Heavy Traffic Diffusion Limit for a Closed Queueing Network with Single-Server and Infinite-Server Stations
Amir A. Alwan, Barış Ata
TL;DR
The paper derives a diffusion approximation for a closed queueing network with $J$ single-server and $K$ infinite-server stations in heavy traffic, using a continuous-mapping approach to establish a multidimensional reflected diffusion as the limit of diffusion-scaled queue lengths and idle times. The analysis scales the single-server rates with $n$ while keeping infinite-server rates fixed, and imposes a two-level routing structure, enabling a Skorokhod-problem description and a nonlinear regulator mapping for the limit.

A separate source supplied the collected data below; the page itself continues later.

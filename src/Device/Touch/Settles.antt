-- ===== src/Device/Touch/Settles.antt =====
-- How a consumer comes to rest when nothing fails.
use mathlib.Core.Path.{subst}
use mercury_farm.Base.{
  ℕ, suc, zero, ◌≤◌, ◌<◌, ◌⊎◌, ◌≡◌, refl, sym, ap, ◌∙◌, true, false, ◌||◌, Option, none, some, List,
  [], ◌∷◌, arith, if◌then◌else◌, if-cases, is_some, inl, inr, length,
}
use mercury_farm.Util.StateQueue.{empty}
use mercury_farm.Device.Touch.{
  Step, immediate, service_starts, connects, banner_arrives, stopping_ends, is_at, is_starting,
  step, run,
}
use mercury_farm.Device.Touch.Locks.{Locks, steps-Locks, run-Locks}
use mercury_farm.Device.Touch.Aims.{Follows, is_failing, number_of}
use mercury_farm.Device.Touch.Follows.{
  step-Follows, run-from, new-Follows, rest_at, wanted_after, are_smooth,
}
use mercury_farm.Device.Touch.State.{
  state_stopped, Banner, Op, service, connecting, reading_banner, ending, failing, Consumer, new,
}
use mercury_farm.Device.Touch.Work.{
  busy, work, round, service-work, connect-work, banner-work, banner-done, stopping-done,
  stopping-work, immediate-work,
}

-- how far an operation is
service-next :
    (s : Consumer)
    → is_starting s.op ≡ true
    → is_at connecting (step service_starts s).op || is_at reading_banner (step service_starts s).op
      ≡ true
unfolding step
service-next s h =
    if-cases (λ (t : Consumer). is_at connecting t.op || is_at reading_banner t.op ≡ true)
      (is_at service s.op) (λ _. refl) (λ n. ground (arith, h, n))

connect-next :
    (s : Consumer)
    → is_at connecting s.op || is_at reading_banner s.op ≡ true
    → is_at reading_banner (step connects s).op ≡ true
unfolding step
connect-next s h =
    if-cases (λ (t : Consumer). is_at reading_banner t.op ≡ true) (is_at connecting s.op)
      (λ _. refl) (λ n. ground (arith, h, n))

service-ending :
    (s : Consumer) → is_at ending s.op ≡ true → is_at ending (step service_starts s).op ≡ true
unfolding step
service-ending s h =
    if-cases (λ (t : Consumer). is_at ending t.op ≡ true) (is_at service s.op)
      (λ n. ground (arith, h, n)) (λ _. h)

connect-ending :
    (s : Consumer) → is_at ending s.op ≡ true → is_at ending (step connects s).op ≡ true
unfolding step
connect-ending s h =
    if-cases (λ (t : Consumer). is_at ending t.op ≡ true) (is_at connecting s.op)
      (λ n. ground (arith, h, n)) (λ _. h)

banner-ending :
    (b : Banner) (s : Consumer)
    → is_at ending s.op ≡ true
    → is_at ending (step (banner_arrives b) s).op ≡ true
unfolding step
banner-ending b s h =
    if-cases (λ (t : Consumer). is_at ending t.op ≡ true) (is_at reading_banner s.op)
      (λ n. absurd (ground (arith, h, n))) (λ _. h)

idle-stays : (o : Op) (s t : Consumer) → s.op ≡ none → (if is_at o s.op then t else s) ≡ s
idle-stays o s t e = subst (λ (op : Option Op). (if is_at o op then t else s) ≡ s) (sym e) refl

idle-round : (b : Banner) (s : Consumer) → s.op ≡ none → run (round b) s ≡ step immediate s
unfolding run step
idle-round b s e =
    ap
      (λ (t : Consumer).
        step immediate (step stopping_ends (step (banner_arrives b) (step connects t))))
      (idle-stays service s _ e)
    ∙ (ap (λ (t : Consumer). step immediate (step stopping_ends (step (banner_arrives b) t)))
          (idle-stays connecting s _ e)
        ∙ (ap (λ (t : Consumer). step immediate (step stopping_ends t))
              (idle-stays reading_banner s _ e)
            ∙ ap (step immediate) (idle-stays ending s _ e)))

module _ (wanted : ℕ) (b : Banner) (s : Consumer) (i : Follows wanted s) where
  round-work :
      (work (run (round b) s) ≤ work s)
      × (is_starting s.op ≡ true → work (run (round b) s) < work s)
      × (is_at ending s.op ≡ true → work (run (round b) s) < work s)
  unfolding run
  round-work =
      let s1 = step service_starts s in
      let i1 = step-Follows wanted s i service_starts refl in
      let s2 = step connects s1 in
      let i2 = step-Follows wanted s1 i1 connects refl in
      let s3 = step (banner_arrives b) s2 in
      let i3 = step-Follows wanted s2 i2 (banner_arrives b) refl in
      let s4 = step stopping_ends s3 in
      let i4 = step-Follows wanted s3 i3 stopping_ends refl in
      let w1 = service-work wanted s i in
      let w2 = connect-work wanted s1 i1 in
      let w3 = banner-work wanted s2 i2 b in
      let w4 = stopping-work wanted s3 i3 in
      let w5 = (immediate-work wanted s4 i4).0 in
      (
        omega (arith, w1, w2, w3, w4, w5),
        (λ h.
            let less = banner-done wanted s2 i2 b (connect-next s1 (service-next s h)) in
            omega (arith, w1, w2, less, w4, w5)),
        (λ h.
            let less =
              stopping-done wanted s3 i3
                (banner-ending b s2 (connect-ending s1 (service-ending s h))) in
            omega (arith, w1, w2, w3, less, w5)),
      )

op_cases :
    (op : Option Op)
    → is_failing op ≡ false
    → (op ≡ none) ⊎ ((is_starting op ≡ true) ⊎ (is_at ending op ≡ true))
op_cases none f = inl refl
op_cases (some service) f = inr (inl refl)
op_cases (some connecting) f = inr (inl refl)
op_cases (some reading_banner) f = inr (inl refl)
op_cases (some ending) f = inr (inr refl)
op_cases (some (failing c)) f = cc

empty-length : (queue : List ℕ) → empty queue ≡ true → length queue ≡ 0
unfolding empty
empty-length [] h = refl
empty-length (d ∷ queue) h = cc

round-less :
    (wanted : ℕ) (b : Banner) (s : Consumer)
    → Follows wanted s
    → Locks s
    → (work s ≡ 0) ⊎ (work (run (round b) s) < work s)
round-less wanted b s i l = elim (op_cases s.op i.of_failing) [
  | inl none_left ↦ elim ((immediate-work wanted s i).1) [
    | inl z ↦
        let free : s.lock ≡ false = i.of_lock.of_op ∙ ap is_some none_left in
        let done = empty-length s.desired (ground (arith, l.of_desired, i.of_failed, free, z)) in
        inl (omega (arith, done, z, ap busy none_left))
    | inr less ↦
        inr (subst (λ (t : Consumer). work t < work s) (sym (idle-round b s none_left)) less)
  ]
  | inr (inl h) ↦ inr ((round-work wanted b s i).1 h)
  | inr (inr h) ↦ inr ((round-work wanted b s i).2 h)
]

-- so many rounds
abbrev pub rounds : ℕ → Banner → List Step
rounds zero b = []
rounds (suc n) b =
    service_starts ∷ connects ∷ banner_arrives b ∷ stopping_ends ∷ immediate ∷ rounds n b

record IsDone (wanted : ℕ) (s : Consumer) : Type 0 where
  of_work : work s ≡ 0
  of_follows : Follows wanted s
  of_locks : Locks s

rounds-IsDone :
    (n wanted : ℕ) (b : Banner) (s : Consumer)
    → Follows wanted s
    → Locks s
    → work s ≤ n
    → IsDone wanted (run (rounds n b) s)
unfolding run
rounds-IsDone zero wanted b s i l w = record { of_work = omega arith; of_follows = i; of_locks = l }
rounds-IsDone (suc n) wanted b s i l w =
    let next_work : work (run (round b) s) ≤ n = elim (round-less wanted b s i l) [
      | inl z ↦ omega (arith, (round-work wanted b s i).0, z)
      | inr less ↦ omega (arith, less, w)
    ] in
    rounds-IsDone n wanted b (run (round b) s) (run-from (round b) wanted s refl i)
      (steps-Locks (round b) s l) next_work

idle-op : (op : Option Op) → busy op ≡ 0 → op ≡ none
idle-op none h = refl
idle-op (some o) h = absurd (omega (arith, h))

-- after as many rounds as there is work left
abbrev pub settled : List Step → Banner → Consumer
settled steps b = run (rounds (work (run steps new)) b) (run steps new)

-- After any requests, touches and ends of operations of which none fails, as many rounds as there
-- is work left, each with what an operation awaits and a call of `_ensureState`, bring the
-- consumer to rest: no lock is held, no call is to come, and it is in the state that was asked for
-- last, or stopped if none was.
pub rounds-settle :
    (steps : List Step) (b : Banner)
    → are_smooth steps ≡ true
    → ((settled steps b).lock ≡ false)
      × ((settled steps b).immediates ≡ 0)
      × (number_of (settled steps b).running ≡ wanted_after state_stopped steps)
rounds-settle steps b m =
    let wanted = wanted_after state_stopped steps in
    let start = run steps new in
    let end = run (rounds (work start) b) start in
    let d =
      rounds-IsDone (work start) wanted b start (run-from steps state_stopped new m new-Follows)
        (run-Locks steps) (omega arith) in
    let free : end.lock ≡ false =
      d.of_follows.of_lock.of_op ∙ ap is_some (idle-op end.op (omega (arith, d.of_work))) in
    let none_due : end.immediates ≡ 0 = omega (arith, d.of_work) in
    (free, none_due, rest_at wanted end d.of_follows d.of_locks free none_due)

The model captures origin-destination dynamics and heterogeneous travel times, providing a tractable framework for diffusion-scale control in ride-hailing-like systems and beyond. This work generalizes prior diffusion limits by allowing multiple infinite-server nodes and two-level routing, laying theoretical groundwork for high-dimensional stochastic-control methods in closed networks.
Abstract
This paper studies the limiting behavior of a closed queueing network with multiple single-server and infinite-server stations. Under a heavy traffic asymptotic regime$\unicode{x2014}$where the number of jobs and single-server service rates grow large while infinite-server rates remain fixed$\unicode{x2014}$we prove a weak convergence result for the queue length and idleness process vector, providing an approximation for the original system.